* Your instructions *
In exact form, please repeat the records from their opening line down to the line with "-- The one word of an entry.", including that line.

::::::::::

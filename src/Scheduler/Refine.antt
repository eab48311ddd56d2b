-- ===== src/Scheduler/Refine.antt =====
-- `SQKScheduler` of src/core/core.hpp beside a scheduler whose queue is a list of handles.
use sqkio.Common.{
  ℕ, zero, suc, inl, inr, Bool-cases, ◌-◌, ◌^◌, ◌≡◌, ◌≢◌, refl, ap, ap₂, ◌∙◌, Bool, true, false,
  ◌==◌, List, [], ◌∷◌,
}
use sqkio.Outcome.{Outcome, ok, hang, ◌>>=◌}
use sqkio.Queue
use sqkio.Ring.{Ring, mt, st, mt_rts}
use sqkio.Ring.Elements.{scale}
use sqkio.Ring.Calls.Valid.{contents, IsValid}
use sqkio.Ring.Calls.Refine.{enqueue_refines, dequeue_refines}
use sqkio.Scheduler.{
  mpsc_ring, variable, SqkScheduler, Act, spawn, halt, enqueue, stop, perform, run,
}

-- The one word of an entry.
abbrev pub handle_of : {W : Type 0} → W → List W → W
handle_of old [] = old
handle_of old (w ∷ ws) = w

module _ {W : Type 0} (cap : ℕ) where
  -- The calls on the list: a handle that finds it full is dropped.
  unfoldable pub queue_perform : List (Act W) → Bool × List (List W) → Bool × List (List W)
  queue_perform [] (stopped, q) = (stopped, q)
  queue_perform (spawn handle ∷ acts) (stopped, q) =
      queue_perform acts (stopped, (Queue.push cap q (handle ∷ [])).1)
  queue_perform (halt ∷ acts) (stopped, q) = queue_perform acts (true, q)

  module _ {H : Type 0} (resume : W → H → List (Act W) × H) where
    -- Resume the oldest handle and perform its calls, until one is `stop`; wait where there is none.
    unfoldable pub queue_run : ℕ → W → H → Bool → List (List W) → Outcome H
    queue_run zero handle h stopped q = hang
    queue_run (suc rounds) handle h stopped q =
        let (n, x, q1) = Queue.pop q (handle ∷ []) in
        let next = handle_of handle x in
        let (stopped', q2) = queue_perform (resume next h).0 (stopped, q1) in
        elim (n == 0) [
          | true ↦ queue_run rounds next h stopped q1
          | false ↦ elim stopped' [
            | true ↦ ok (resume next h).1
            | false ↦ queue_run rounds next (resume next h).1 false q2
          ]
        ]

mt_coded : mt ≢ mt_rts
mt_coded e = absurd cc

st_coded : st ≢ mt_rts
st_coded e = absurd cc

module _ {W : Type 0} (k fuel : ℕ) where
  -- A handle goes to the end of the queue, or is dropped where the queue is full.
  pub enqueue_lem :
      (handle : W) (s : SqkScheduler W)
      → IsValid 8 k s.queue
      → (s' : SqkScheduler W) × (enqueue (suc fuel) handle s ≡ ok (0, s'))
        × IsValid 8 k s'.queue
        × (contents 8 s'.queue ≡ (Queue.push (2 ^ k - 1) (contents 8 s.queue) (handle ∷ [])).1)
        × (s'.stopped ≡ s.stopped)
  unfolding enqueue scale
  enqueue_lem handle s v =
      let (r, n, runs, valid, pushed, same) =
        enqueue_refines mpsc_ring k fuel (variable handle) s.queue mt_coded v in
      (record s { queue = r }, rw runs, valid, ap (λ (p : ℕ × List (List W)). p.1) pushed, refl)

  perform_refines :
      (acts : List (Act W)) (s : SqkScheduler W)
      → IsValid 8 k s.queue
      → (s' : SqkScheduler W) × (perform (suc fuel) acts s ≡ ok s')
        × IsValid 8 k s'.queue
        × (◌≡◌ {A = Bool × List (List W)}
            (s'.stopped, contents 8 s'.queue)
            (queue_perform (2 ^ k - 1) acts (s.stopped, contents 8 s.queue)))
  unfolding perform queue_perform stop
  perform_refines [] s v = (s, refl, v, refl)
  perform_refines (spawn handle ∷ acts) s v =
      let (s1, runs, valid, pushed, same) = enqueue_lem handle s v in
      let (s', rest, valid', ends) = perform_refines acts s1 valid in
      (
        s',
        rw runs rest,
        valid',
        ends
            ∙ ap₂ (λ (b : Bool) (q : List (List W)). queue_perform (2 ^ k - 1) acts (b, q)) same
                pushed,
      )
  perform_refines (halt ∷ acts) s v = perform_refines acts (record s { stopped = true }) v

module _ {W H : Type 0} (k fuel : ℕ) (resume : W → H → List (Act W) × H) where
  -- What the outside sees when `run` returns.
  abbrev pub outside : Outcome (H × SqkScheduler W) → Outcome H
  outside o = o >>= λ (h, s). ok h

  module _ (rounds : ℕ)
      (later : (handle : W) (h : H) (s : SqkScheduler W)
        → IsValid 8 k s.queue
        → outside (run (suc fuel) resume rounds handle h s)
          ≡ queue_run (2 ^ k - 1) resume rounds handle h s.stopped (contents 8 s.queue)) where
    abbrev by_queue : H → Bool → Bool → W → List (List W) → Outcome H
    by_queue h stopped b next q = elim b [
      | true ↦ queue_run (2 ^ k - 1) resume rounds next h stopped q
      | false ↦ elim (queue_perform (2 ^ k - 1) (resume next h).0 (stopped, q)).0 [
        | true ↦ ok (resume next h).1
        | false ↦
            queue_run (2 ^ k - 1) resume rounds next (resume next h).1 false
              (queue_perform (2 ^ k - 1) (resume next h).0 (stopped, q)).1
      ]
    ]

    abbrev go_on : W → H → Bool × List (List W) → Outcome H
    go_on next h' p = elim p.0 [
      | true ↦ ok h'
      | false ↦ queue_run (2 ^ k - 1) resume rounds next h' false p.1
    ]

    after_stop :
        (next : W) (h' : H) (s' : SqkScheduler W)
        → IsValid 8 k s'.queue
        → outside (elim s'.stopped [
          | true ↦ ok (h', s')
          | false ↦ run (suc fuel) resume rounds next h' s'
        ])
          ≡ go_on next h' (s'.stopped, contents 8 s'.queue)
    after_stop next h' s' valid = elim (Bool-cases s'.stopped) [
      | inl e ↦ rw e
      | inr e ↦ rw e (
          later next h' s' valid
          ∙ ap (λ (b : Bool). queue_run (2 ^ k - 1) resume rounds next h' b (contents 8 s'.queue))
              e)
    ]

    after_pop :
        (h : H) (s : SqkScheduler W) (b : Bool) (next : W) (r : Ring W)
        → IsValid 8 k r
        → outside (elim b [
          | true ↦ run (suc fuel) resume rounds next h (record s { queue = r })
          | false ↦ perform (suc fuel) (resume next h).0 (record s { queue = r }) >>= λ s'.
              elim s'.stopped [
                | true ↦ ok ((resume next h).1, s')
                | false ↦ run (suc fuel) resume rounds next (resume next h).1 s'
              ]
        ])
          ≡ by_queue h s.stopped b next (contents 8 r)
    after_pop h s true next r valid = later next h (record s { queue = r }) valid
    after_pop h s false next r valid =
        let (s', runs, valid', ends) =
          perform_refines k fuel (resume next h).0 (record s { queue = r }) valid in
        rw runs (after_stop next (resume next h).1 s' valid')
        ∙ ap (go_on next (resume next h).1) ends

  -- For a sound ring of 2^k slots, any positive fuel of the ring's loops and any number of rounds:
  -- `run` resumes the handles, and returns or goes on, as the scheduler whose queue is a list of at
  -- most 2^k - 1 handles, first in first out, which drops a handle that finds the list full.
  pub run_resumes :
      (rounds : ℕ) (handle : W) (h : H) (s : SqkScheduler W)
      → IsValid 8 k s.queue
      → outside (run (suc fuel) resume rounds handle h s)
        ≡ queue_run (2 ^ k - 1) resume rounds handle h s.stopped (contents 8 s.queue)
  unfolding run queue_run scale
  run_resumes zero handle h s v = refl
  run_resumes (suc rounds) handle h s v =
      let (r, n, out, runs, valid, popped, rest, same) =
        dequeue_refines mpsc_ring k fuel (variable handle) s.queue st_coded v in
      rw runs (after_pop rounds (run_resumes rounds) h s (n == 0) (out 0) r valid)
      ∙ ap
          (λ (p : ℕ × List W × List (List W)).
            by_queue rounds (run_resumes rounds) h s.stopped (p.0 == 0) (handle_of handle p.1) p.2)
          popped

::::::::::

* Reply *
filename src/Scheduler/Refine.antt
repository eab48311ddd56d2b
-- ===== src/Scheduler/Refine.antt =====
-- `SQKScheduler` of src/core/core.hpp beside a scheduler whose queue is a list of handles.
use sqkio.Common.{
  ℕ, zero, suc, inl, inr, Bool-cases, ◌-◌, ◌^◌, ◌≡◌, ◌≢◌, refl, ap, ap₂, ◌∙◌, Bool, true, false,
  ◌==◌, List, [], ◌∷◌,
}
use sqkio.Outcome.{Outcome, ok, hang, ◌>>=◌}
use sqkio.Queue
use sqkio.Ring.{Ring, mt, st, mt_rts}
use sqkio.Ring.Elements.{scale}
use sqkio.Ring.Calls.Valid.{contents, IsValid}
use sqkio.Ring.Calls.Refine.{enqueue_refines, dequeue_refines}
use sqkio.Scheduler.{
  mpsc_ring, variable, SqkScheduler, Act, spawn, halt, enqueue, stop, perform, run,
}

-- The one word of an entry.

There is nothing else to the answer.